Everything below from the line with "s < 2 → bit_and b (ones_at 4 s) == ones_at" to the last line, both included, is to be written out exactly, with nothing added.
(Beginning of Provided data)
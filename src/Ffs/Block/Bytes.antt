-- ===== src/Ffs/Block/Bytes.antt =====
-- The free map as a set of fragments, and what each mask does to the bits of one byte.
use ufson_mac_os.Base.{ℕ, ◌+◌, ◌-◌, ◌*◌, ◌/◌, ◌%◌, ◌^◌, ◌<◌, Bool, true, false, List, not}
use ufson_mac_os.Base.{bit_and, bit_or, ◌==◌, if◌then◌else◌, get_or, u8, ◌≡◌, refl, arith}
use ufson_mac_os.Base.Bits.{all_below, all_below_sound}

-- `isset` of <sys/param.h>: bit `k` of a byte, and bit `i` of a map.
abbrev pub bit : ℕ → ℕ → Bool
bit b k = b / 2 ^ k % 2 == 1

abbrev pub isset : List ℕ → ℕ → Bool
isset cp i = bit (get_or cp (i / 8) 0) (i % 8)

infix 20 ◌iff◌
abbrev ◌iff◌ : Bool → Bool → Bool
true iff b = b
false iff b = not b

iff_eq : (a b : Bool) → (a iff b) ≡ true → a ≡ b
iff_eq true b h = ground arith
iff_eq false b h = ground arith

-- `w` ones at the `s`-th place of that width.
abbrev pub ones_at : ℕ → ℕ → ℕ
ones_at w s = (2 ^ w - 1) * 2 ^ (s * w)

abbrev set_bits : ℕ → ℕ → ℕ → ℕ → Bool
set_bits w s b k = bit (u8 (bit_or b (ones_at w s))) k iff (if k / w == s then true else bit b k)

abbrev clear_bits : ℕ → ℕ → ℕ → ℕ → Bool
clear_bits w s b k =
    bit (bit_and b (0xff - ones_at w s)) k iff (if k / w == s then false else bit b k)

abbrev all_set : ℕ → ℕ → ℕ → Bool
all_set w s b = bit_and b (ones_at w s) == ones_at w s iff all_below w (λ k. bit b (s * w + k))

abbrev all_clear : ℕ → ℕ → ℕ → Bool
all_clear w s b = bit_and b (ones_at w s) == 0 iff all_below w (λ k. not (bit b (s * w + k)))

-- Every place, byte and bit.
abbrev each_bit : (ℕ → ℕ → ℕ → Bool) → ℕ → Bool
each_bit p n = all_below n (λ s. all_below 256 (λ b. all_below 8 (p s b)))

abbrev each_byte : (ℕ → ℕ → Bool) → ℕ → Bool
each_byte p n = all_below n (λ s. all_below 256 (p s))

each_bit_sound :
    (p : ℕ → ℕ → ℕ → Bool) (n s b k : ℕ)
    → each_bit p n ≡ true
    → s < n
    → b < 256
    → k < 8
    → p s b k ≡ true
each_bit_sound p n s b k h hs hb hk =
    all_below_sound 8 (p s b) k (all_below_sound 256 _ b (all_below_sound n _ s h hs) hb) hk

each_byte_sound :
    (p : ℕ → ℕ → Bool) (n s b : ℕ) → each_byte p n ≡ true → s < n → b < 256 → p s b ≡ true
each_byte_sound p n s b h hs hb = all_below_sound 256 _ b (all_below_sound n _ s h hs) hb

module _ (s b k : ℕ) (hb : b < 256) (hk : k < 8) where
  pub bit-or4 : s < 2 → bit (u8 (bit_or b (ones_at 4 s))) k ≡ (if k / 4 == s then true else bit b k)
  unfolding all_below
  bit-or4 hs = iff_eq _ _ (each_bit_sound (set_bits 4) 2 s b k refl hs hb hk)

  pub bit-or2 : s < 4 → bit (u8 (bit_or b (ones_at 2 s))) k ≡ (if k / 2 == s then true else bit b k)
  unfolding all_below
  bit-or2 hs = iff_eq _ _ (each_bit_sound (set_bits 2) 4 s b k refl hs hb hk)

  pub bit-or1 : s < 8 → bit (u8 (bit_or b (ones_at 1 s))) k ≡ (if k / 1 == s then true else bit b k)
  unfolding all_below
  bit-or1 hs = iff_eq _ _ (each_bit_sound (set_bits 1) 8 s b k refl hs hb hk)

  pub bit-clear4 :
      s < 2 → bit (bit_and b (0xff - ones_at 4 s)) k ≡ (if k / 4 == s then false else bit b k)
  unfolding all_below
  bit-clear4 hs = iff_eq _ _ (each_bit_sound (clear_bits 4) 2 s b k refl hs hb hk)

  pub bit-clear2 :
      s < 4 → bit (bit_and b (0xff - ones_at 2 s)) k ≡ (if k / 2 == s then false else bit b k)
  unfolding all_below
  bit-clear2 hs = iff_eq _ _ (each_bit_sound (clear_bits 2) 4 s b k refl hs hb hk)

  pub bit-clear1 :
      s < 8 → bit (bit_and b (0xff - ones_at 1 s)) k ≡ (if k / 1 == s then false else bit b k)
  unfolding all_below
  bit-clear1 hs = iff_eq _ _ (each_bit_sound (clear_bits 1) 8 s b k refl hs hb hk)

module _ (s b : ℕ) (hb : b < 256) where
  pub all_set4 :
      s < 2 → bit_and b (ones_at 4 s) == ones_at 4 s ≡ all_below 4 (λ k. bit b (s * 4 + k))
  unfolding all_below
  all_set4 hs = iff_eq _ _ (each_byte_sound (all_set 4) 2 s b refl hs hb)

  pub all_set2 :
      s < 4 → bit_and b (ones_at 2 s) == ones_at 2 s ≡ all_below 2 (λ k. bit b (s * 2 + k))
  unfolding all_below
  all_set2 hs = iff_eq _ _ (each_byte_sound (all_set 2) 4 s b refl hs hb)

  pub all_set1 :
      s < 8 → bit_and b (ones_at 1 s) == ones_at 1 s ≡ all_below 1 (λ k. bit b (s * 1 + k))
  unfolding all_below
  all_set1 hs = iff_eq _ _ (each_byte_sound (all_set 1) 8 s b refl hs hb)

  pub all_clear4 : s < 2 → bit_and b (ones_at 4 s) == 0 ≡ all_below 4 (λ k. not (bit b (s * 4 + k)))
  unfolding all_below
  all_clear4 hs = iff_eq _ _ (each_byte_sound (all_clear 4) 2 s b refl hs hb)

  pub all_clear2 : s < 4 → bit_and b (ones_at 2 s) == 0 ≡ all_below 2 (λ k. not (bit b (s * 2 + k)))
  unfolding all_below
  all_clear2 hs = iff_eq _ _ (each_byte_sound (all_clear 2) 4 s b refl hs hb)

  pub all_clear1 : s < 8 → bit_and b (ones_at 1 s) == 0 ≡ all_below 1 (λ k. not (bit b (s * 1 + k)))
  unfolding all_below
  all_clear1 hs = iff_eq _ _ (each_byte_sound (all_clear 1) 8 s b refl hs hb)

module _ (b : ℕ) (hb : b < 256) where
  pub all_set8 : b == 0xff ≡ all_below 8 (λ k. bit b k)
  unfolding all_below
  all_set8 = iff_eq _ _ (all_below_sound 256 (λ c. c == 0xff iff all_below 8 (bit c)) b refl hb)

  pub all_clear8 : b == 0 ≡ all_below 8 (λ k. not (bit b k))
  unfolding all_below
  all_clear8 =
      iff_eq _ _ (all_below_sound 256 (λ c. c == 0 iff all_below 8 (λ k. not (bit c k))) b refl hb)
(End of Provided data)
● Response to this exercise
      s < 2 → bit_and b (ones_at 4 s) == ones_at 4 s ≡ all_below 4 (λ k. bit b (s * 4 + k))
  unfolding all_below
  all_set4 hs = iff_eq _ _ (each_byte_sound (all_set 4) 2 s b refl hs hb)

  pub all_set2 :
      s < 4 → bit_and b (ones_at 2 s) == ones_at 2 s ≡ all_below 2 (λ k. bit b (s * 2 + k))
  unfolding all_below
  all_set2 hs = iff_eq _ _ (each_byte_sound (all_set 2) 4 s b refl hs hb)

  pub all_set1 :
      s < 8 → bit_and b (ones_at 1 s) == ones_at 1 s ≡ all_below 1 (λ k. bit b (s * 1 + k))
  unfolding all_below
  all_set1 hs = iff_eq _ _ (each_byte_sound (all_set 1) 8 s b refl hs hb)

  pub all_clear4 : s < 2 → bit_and b (ones_at 4 s) == 0 ≡ all_below 4 (λ k. not (bit b (s * 4 + k)))
  unfolding all_below
  all_clear4 hs = iff_eq _ _ (each_byte_sound (all_clear 4) 2 s b refl hs hb)

  pub all_clear2 : s < 4 → bit_and b (ones_at 2 s) == 0 ≡ all_below 2 (λ k. not (bit b (s * 2 + k)))
  unfolding all_below
  all_clear2 hs = iff_eq _ _ (each_byte_sound (all_clear 2) 4 s b refl hs hb)

  pub all_clear1 : s < 8 → bit_and b (ones_at 1 s) == 0 ≡ all_below 1 (λ k. not (bit b (s * 1 + k)))
  unfolding all_below
  all_clear1 hs = iff_eq _ _ (each_byte_sound (all_clear 1) 8 s b refl hs hb)

module _ (b : ℕ) (hb : b < 256) where
  pub all_set8 : b == 0xff ≡ all_below 8 (λ k. bit b k)
  unfolding all_below
  all_set8 = iff_eq _ _ (all_below_sound 256 (λ c. c == 0xff iff all_below 8 (bit c)) b refl hb)

  pub all_clear8 : b == 0 ≡ all_below 8 (λ k. not (bit b k))
  unfolding all_below
  all_clear8 =
      iff_eq _ _ (all_below_sound 256 (λ c. c == 0 iff all_below 8 (λ k. not (bit c k))) b refl hb)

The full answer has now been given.